WASHINGTON - Treasury Secretary Henry Paulson said Monday an agreement was near on a proposal to help thousands of at-risk homeowners avoid foreclosures by temporarily freezing their mortgage rates.
One of the last remaining issues to be resolved, officials said, was the exact length of time the low-teaser rates will be frozen.
Speaking at a national housing conference and in later interviews, Paulson expressed optimism that an agreement could be reached very soon, possibly before the end of this week.
Paulson and federal regulators have been holding talks with some of the country's biggest banks, mortgage investors and consumer groups trying to strike a deal in an effort to prevent an avalanche of threatened foreclosures in the coming year from sinking the overall economy.
'We are working aggressively and quickly, utilizing available tools and creating new ones, to help financially responsible but struggling homeowners,' Paulson said in a speech to a national housing conference sponsored by the Office of Thrift Supervision.
An estimated 2 million subprime mortgages, loans offered to borrowers with spotty credit histories, are scheduled to reset to much higher levels by the end of 2008. Those resets will push the payment on a typical mortgage up by $350 per month, taking it from $1,200 currently to $1,550.

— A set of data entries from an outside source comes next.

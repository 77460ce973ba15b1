-- ===== src/Xdrv/Common/Good.antt =====
-- The events of all devices, whatever the channel reports.
use linuxwacom.Prelude.{
  ℕ, ◌≡◌, sym, ◌∙◌, ◌==◌, Bool, true, false, not, ◌&&◌, Option, none, some, List, [], ◌∷◌,
  if◌then◌else◌, nonzero, when, Bool-cases, inl, inr,
}
use linuxwacom.Prelude.Int.{ℤ, pos}
use linuxwacom.Xdrv.Events.{DeviceState}
use linuxwacom.Xdrv.Send
use linuxwacom.Xdrv.Send.{send_events}
use linuxwacom.Xdrv.Send.Frames.{
  InOrder, InOrder-append, send_events-InOrder, send_events-has_proximity,
}
use linuxwacom.Xdrv.Send.Released.{served, served-append, IsHeld, send_events-IsHeld}
use linuxwacom.Xdrv.Select
use linuxwacom.Xdrv.Select.{Place, find_tool, choose_area}
use linuxwacom.Xdrv.Common.{
  Local, World, Setup, is_pen, is_touch, is_cursor, is_bare_touch, set_device, out_report,
  pen_pressure, transformed, note_hard_prox, cursor, deliver, send_to, soft_out, touch_out,
  settle_touch, relative_move, send_last, send_moved, dispatch_to, release, dispatch_place,
  dispatch_nth, dispatches, set_current, nth, maybe_out, dispatch_tool, settled, dispatch,
}
use linuxwacom.Xdrv.Pressure.{least_pressure}

abbrev pub none_down : ℕ → Bool
none_down j = false

-- The posts of a device up to now: the buttons are as it expects them, and a device that posts
-- proximity has posted in order.
pub record IsGood (d : Local) : Type 0 where
  pub held : IsHeld d.send (served d.posts none_down)
  pub order : d.send.has_proximity ≡ true → InOrder false d.posts (nonzero d.send.old_proximity)

abbrev pub AllGood : World → Type 0
AllGood w = (i : ℕ) → IsGood (w.devices i)

set_device-AllGood :
    (i : ℕ) (d : Local) (w : World) → IsGood d → AllGood w → AllGood (set_device i d w)
set_device-AllGood i d w good all j = elim (Bool-cases (j == i)) [
  | inl here ↦ rw here good
  | inr other ↦ rw other (all j)
]

when-AllGood :
    (b : Bool) (f : World → World) (w : World) → AllGood w → AllGood (f w) → AllGood (when b f w)
when-AllGood true f w h g = g
when-AllGood false f w h g = h

module _ (accelerate : Send.Tool → ℤ → ℤ) (unify : Send.Tool → ℤ → ℤ)
    (relative : Send.Tool → ℤ × ℤ → Option (ℤ × ℤ)) where
  deliver-IsGood :
      (ds : DeviceState) (d : Local) → IsGood d → IsGood (deliver accelerate unify relative ds d)
  unfolding deliver
  deliver-IsGood ds d h =
      let (ps, t) = send_events accelerate unify ds d.send in
      record {
        held =
            rw (served-append d.posts ps none_down)
              (send_events-IsHeld accelerate unify ds d.send (served d.posts none_down) h.held);
        order = λ has.
            let before : d.send.has_proximity ≡ true =
              sym (send_events-has_proximity accelerate unify ds d.send) ∙ has in
            InOrder-append d.posts ps false (nonzero d.send.old_proximity) (nonzero t.old_proximity)
              (h.order before) (send_events-InOrder accelerate unify ds d.send before);
      }

  send_to-AllGood :
      (i : ℕ) (ds : DeviceState) (w : World)
      → AllGood w
      → AllGood (send_to accelerate unify relative i ds w)
  unfolding send_to
  send_to-AllGood i ds w h =
      set_device-AllGood i (deliver accelerate unify relative ds (w.devices i)) w
        (deliver-IsGood ds (w.devices i) (h i)) h

  soft_out-AllGood :
      (i : ℕ) (w : World) → AllGood w → AllGood (soft_out accelerate unify relative i w)
  unfolding soft_out
  soft_out-AllGood i w h =
      let w' = send_to accelerate unify relative i (out_report (w.devices i)) w in
      let sent = send_to-AllGood i (out_report (w.devices i)) w h in
      when-AllGood (is_bare_touch (w'.devices i)) (λ v. record v { touchpad = false }) w' sent sent

  touch_out-AllGood :
      (is : List ℕ) (w : World) → AllGood w → AllGood (touch_out accelerate unify relative is w)
  unfolding touch_out
  touch_out-AllGood [] w h = h
  touch_out-AllGood (i ∷ is) w h =
      let d = w.devices i in
      let out = is_touch d && nonzero d.send.old_proximity in
      touch_out-AllGood is (when out (soft_out accelerate unify relative i) w)
        (when-AllGood out (soft_out accelerate unify relative i) w h (soft_out-AllGood i w h))

  settle_touch-AllGood :
      (c : Setup) (i : ℕ) (w : World)
      → AllGood w
      → AllGood (settle_touch accelerate unify relative c i w)
  unfolding settle_touch
  settle_touch-AllGood c i w h =
      let d = w.devices i in
      when-AllGood (not (is_touch d) && c.touch && d.send.old_proximity == 0)
        (touch_out accelerate unify relative c.locals) w h (touch_out-AllGood c.locals w h)

  note_hard_prox-AllGood : (i p : ℕ) (w : World) → AllGood w → AllGood (note_hard_prox i p w)
  unfolding note_hard_prox
  note_hard_prox-AllGood i p w h =
      let d : Local = record (w.devices i) { hard_prox = p } in
      let good : IsGood d = record { held = (h i).held; order = (h i).order } in
      when-AllGood (not (is_touch (w.devices i))) (set_device i d) w h
        (set_device-AllGood i d w good h)

  transformed-AllGood :
      (c : Setup) (i : ℕ) (w : World) (ds : DeviceState)
      → AllGood w
      → AllGood (transformed c i w ds).0
  unfolding transformed pen_pressure
  transformed-AllGood c i w ds h = elim (Bool-cases (is_pen (w.devices i))) [
    | inl pen ↦
        let least =
          least_pressure c.pressure (w.devices i).send.old_proximity (w.devices i).least
            ds.pressure in
        let d : Local = record (w.devices i) { least = least } in
        let good : IsGood d = record { held = (h i).held; order = (h i).order } in
        rw pen (set_device-AllGood i d w good h)
    | inr other ↦ rw other (
        when-AllGood (is_cursor (w.devices i) && (w.devices i).hard_prox == 0)
          (λ v. record v { max_cursor_dist = if c.is_intuos then pos 256 else pos 0 }) w h h)
  ]

  cursor-AllGood :
      (c : Setup) (i : ℕ) (w : World) (ds : DeviceState) → AllGood w → AllGood (cursor c i w ds).0
  unfolding cursor
  cursor-AllGood c i w ds h = elim (Bool-cases (is_cursor (w.devices i))) [
    | inl b ↦ rw b h
    | inr b ↦ rw b h
  ]

  send_last-AllGood :
      (i : ℕ) (w : World) (last : Option DeviceState)
      → AllGood w
      → AllGood (send_last accelerate unify relative i (w, last)).0
  unfolding send_last
  send_last-AllGood i w none h = h
  send_last-AllGood i w (some out) h = send_to-AllGood i out w h

  send_moved-AllGood :
      (c : Setup) (i : ℕ) (w : World) (moved : Option DeviceState)
      → AllGood w
      → AllGood (send_moved accelerate unify relative c i w moved).0
  unfolding send_moved
  send_moved-AllGood c i w none h = h
  send_moved-AllGood c i w (some ds) h =
      let (w', last) = cursor c i w ds in send_last-AllGood i w' last (cursor-AllGood c i w ds h)

  dispatch_to-AllGood :
      (c : Setup) (suppress i : ℕ) (ds : DeviceState) (w : World)
      → AllGood w
      → AllGood (dispatch_to accelerate unify relative c suppress i ds w).0
  unfolding dispatch_to
  dispatch_to-AllGood c suppress i ds w h =
      let w0 = settle_touch accelerate unify relative c i w in
      let (w1, filtered) = transformed c i w0 ds in
      let w2 = note_hard_prox i ds.proximity w1 in
      send_moved-AllGood c i w2
        (relative_move accelerate unify relative suppress (w2.devices i) filtered)
        (note_hard_prox-AllGood i ds.proximity w1
          (transformed-AllGood c i w0 ds (settle_touch-AllGood c i w h)))

  release-AllGood :
      (n : ℕ) (t : Select.Tool) (w : World) (gone : Bool)
      → AllGood w
      → AllGood (release accelerate unify relative n t (w, gone))
  unfolding release
  release-AllGood n t w true h = h
  release-AllGood n t w false h = h

  dispatch_place-AllGood :
      (c : Setup) (suppress : ℕ) (ds : DeviceState) (n : ℕ) (t : Select.Tool) (place : Option Place)
      (w : World)
      → AllGood w
      → AllGood (dispatch_place accelerate unify relative c suppress ds n t place w)
  unfolding dispatch_place
  dispatch_place-AllGood c suppress ds n t none w h = h
  dispatch_place-AllGood c suppress ds n t (some place) w h =
      let (w', gone) = dispatch_to accelerate unify relative c suppress place.device ds w in
      elim (Bool-cases (w.devices place.device).usable) [
        | inl usable ↦
            rw usable
              (release-AllGood n t w' gone (dispatch_to-AllGood c suppress place.device ds w h))
        | inr not_usable ↦ rw not_usable h
      ]

  maybe_out-AllGood :
      (left : Option ℕ) (w : World)
      → AllGood w
      → AllGood (maybe_out accelerate unify relative left w)
  maybe_out-AllGood none w h = h
  maybe_out-AllGood (some i) w h = soft_out-AllGood i w h

  dispatch_nth-AllGood :
      (c : Setup) (suppress : ℕ) (ds : DeviceState) (found : Option ℕ) (w : World)
      → AllGood w
      → AllGood (dispatch_nth accelerate unify relative c suppress ds found w)
  unfolding dispatch_nth dispatch_tool
  dispatch_nth-AllGood c suppress ds none w h = h
  dispatch_nth-AllGood c suppress ds (some n) w h = found-AllGood (nth n w.tools)
    where
      found-AllGood :
          (found : Option Select.Tool)
          → AllGood (elim found as (λ _. World) [
            | none ↦ w
            | some t ↦ dispatch_tool accelerate unify relative c suppress ds n t w
          ])
      found-AllGood none = h
      found-AllGood (some t) =
          let (left, t') = choose_area ds.x ds.y t in
          let w' : World = record w { tools = set_current n t' w.tools } in
          dispatch_place-AllGood c suppress ds n t' t'.current
            (maybe_out accelerate unify relative left w') (maybe_out-AllGood left w' h)

  -- Whatever the channels report, and whatever the tools, areas and settings are, for every device the calls
  -- of sendAButton keep the buttons of the server as the device expects them, with none of the 32 down
  -- while its tool is away; and a device that posts proximity posts in order.
  pub dispatches-AllGood :
      (c : Setup) (reports : List (ℕ × DeviceState)) (w : World)
      → AllGood w
      → AllGood (dispatches accelerate unify relative c reports w)
  unfolding dispatches dispatch
  dispatches-AllGood c [] w h = h
  dispatches-AllGood c ((suppress, ds) ∷ reports) w h =
      let s = settled ds w in
      dispatches-AllGood c reports (dispatch accelerate unify relative c suppress ds w) (
        dispatch_nth-AllGood c suppress s (find_tool 0 none w.tools s.device_type s.serial_num) w h)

Some government regulators are pushing for the low 'teaser' rates to remain in place for five to seven years, arguing that a longer period of time is needed to allow the depressed housing market to begin recovering and for home prices to stabilize, which will allow homeowners to finance under better terms. But investors, who will see lower payments on the loans, are arguing for a shorter period of time.
Regulators indicated that the rate freezes will only be available for owner-occupied homes to avoid granting the break to real estate speculators although the exact way that determination will be made was still being worked out.
'How you structure (the rate freeze), who gets it and for how long, I think, is what people are struggling with,' Comptroller of the Currency John C. Dugan, told reporters at the conference.
Sheila Bair, chairman of the Federal Deposit Insurance Corp., said details of the plan are likely to be announced later this week with other officials predicting the unveiling could come on Thursday.
In his speech, Paulson said he believed the mortgage industry would move to implement the new program quickly and would also adopt benchmarks to measure progress going forward. 'As a result, what was a fragmented, cumbersome process can be a coordinated effort which more quickly helps able homeowners,' Paulson said.
Banking industry executives generally praised the initiative. Daniel Mudd, chief executive at Fannie Mae, the nation's largest provider of home mortgages, called the proposal a 'positive step' that would allow many borrowers to avoid foreclosure.
But two Democratic senators running for president criticized the administration's efforts. Connecticut Sen. Chris Dodd, the chairman of the Senate Banking Committee, said the administration has 'repeatedly failed to use the tools at its disposal to protect homebuyers from abusive lending.'
And Sen. Hillary Rodham Clinton put forward her own mortgage program which called for a 90-day moratorium on further loan foreclosures and a freeze that would keep subprime mortgage rates from rising for at least five years. In a letter to Paulson, the New York senator said it was 'unfortunate that the administration has been so slow to act.'
The administration's program is being aimed at homeowners who have steady incomes and relatively clean repayment histories who could afford the lower introductory mortgage rates but cannot afford the higher adjusted rate.
The rate freeze is part of an administration program that is also emphasizing increased efforts to contact at-risk homeowners and congressional action.
Paulson said the administration was asking Congress to pass legislation that would give state and local governments more authority to temporarily broaden their tax-exempt bond programs to include mortgage refinancing. Currently, such programs are limited to new homeowners but do not include the use of tax-exempt bonds to refinance existing mortgages.
Paulson also called on Congress to pass a number of pending bills that would address the housing crisis in such ways as expanding the availability of Federal Housing Administration insured loans and boosting government oversight of mortgage giants Fannie Mae and Freddie Mac.
The administration has come under criticism from Democrats who have complained that the proposals put forward so far have been too modest in light of the crisis facing the housing industry and the threat that the housing slump could trigger a full-blown recession.
John Taylor, the president of the National Community Reinvestment Coalition, said he was concerned the government was moving too slowly to deal with the problem when what was needed was the major effort used to deal with the savings and loan crisis of the early 1990s.
'This is a major problem that is pushing us towards a recession,' Taylor said.